§ WHAT YOU ARE ASKED TO DO: The answer must be an exact reproduction of the lines from the start of the records below through the line containing "pub mem_given : eqb_ℤ", and nothing more.

━━━ DATA PROVIDED ━━━

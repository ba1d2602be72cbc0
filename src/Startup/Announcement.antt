-- ===== src/Startup/Announcement.antt =====
-- What another agent reads in the announcement of this one: `broadcast_loop` of agente_c/src/main.c,
-- then `parse_announce` of agente_c/src/parsing.c.
use tp_sist_op.Prelude.{ℕ, false, List, [], ◌∷◌, ◌≡◌}
use tp_sist_op.Prelude.Int.{negsuc, eqb_ℤ, IsInt}
use tp_sist_op.Parsing.Announce.{Amounts, AnnounceMsg}
use tp_sist_op.Startup.{Config}

-- The fields are values of an `int`, and no amount is -1, which `parse_announce` takes for missing.
pub record IsAnnounceable (cfg : Config) : Type 0 where
  pub port : IsInt cfg.port
  pub cpu : IsInt cfg.cpu
  pub mem : IsInt cfg.mem
  pub gpu : IsInt cfg.gpu
  pub cpu_given : eqb_ℤ cfg.cpu (negsuc 0) ≡ false
  pub mem_given : eqb_ℤ cfg.mem (negsuc 0) ≡ false
  pub gpu_given : eqb_ℤ cfg.gpu (negsuc 0) ≡ false

-- A text that is not empty.
abbrev IsFull : List ℕ → Type 0
IsFull [] = ⊥
IsFull (c ∷ s) = Unit

abbrev start : Amounts
start = record { c = negsuc 0; m = negsuc 0; g = negsuc 0 }

abbrev pub message_of : Config → AnnounceMsg
message_of cfg = record { puerto = cfg.port; cpu = cfg.cpu; mem = cfg.mem; gpu = cfg.gpu }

━━━

§ ANSWER TO THIS TASK:
repository ba1d2602be72cbc0
filename src/Startup/Announcement.antt
-- ===== src/Startup/Announcement.antt =====
-- What another agent reads in the announcement of this one: `broadcast_loop` of agente_c/src/main.c,
-- then `parse_announce` of agente_c/src/parsing.c.
use tp_sist_op.Prelude.{ℕ, false, List, [], ◌∷◌, ◌≡◌}
use tp_sist_op.Prelude.Int.{negsuc, eqb_ℤ, IsInt}
use tp_sist_op.Parsing.Announce.{Amounts, AnnounceMsg}
use tp_sist_op.Startup.{Config}

-- The fields are values of an `int`, and no amount is -1, which `parse_announce` takes for missing.
pub record IsAnnounceable (cfg : Config) : Type 0 where
  pub port : IsInt cfg.port
  pub cpu : IsInt cfg.cpu
  pub mem : IsInt cfg.mem
  pub gpu : IsInt cfg.gpu
  pub cpu_given : eqb_ℤ cfg.cpu (negsuc 0) ≡ false
  pub mem_given : eqb_ℤ cfg.mem (negsuc 0) ≡ false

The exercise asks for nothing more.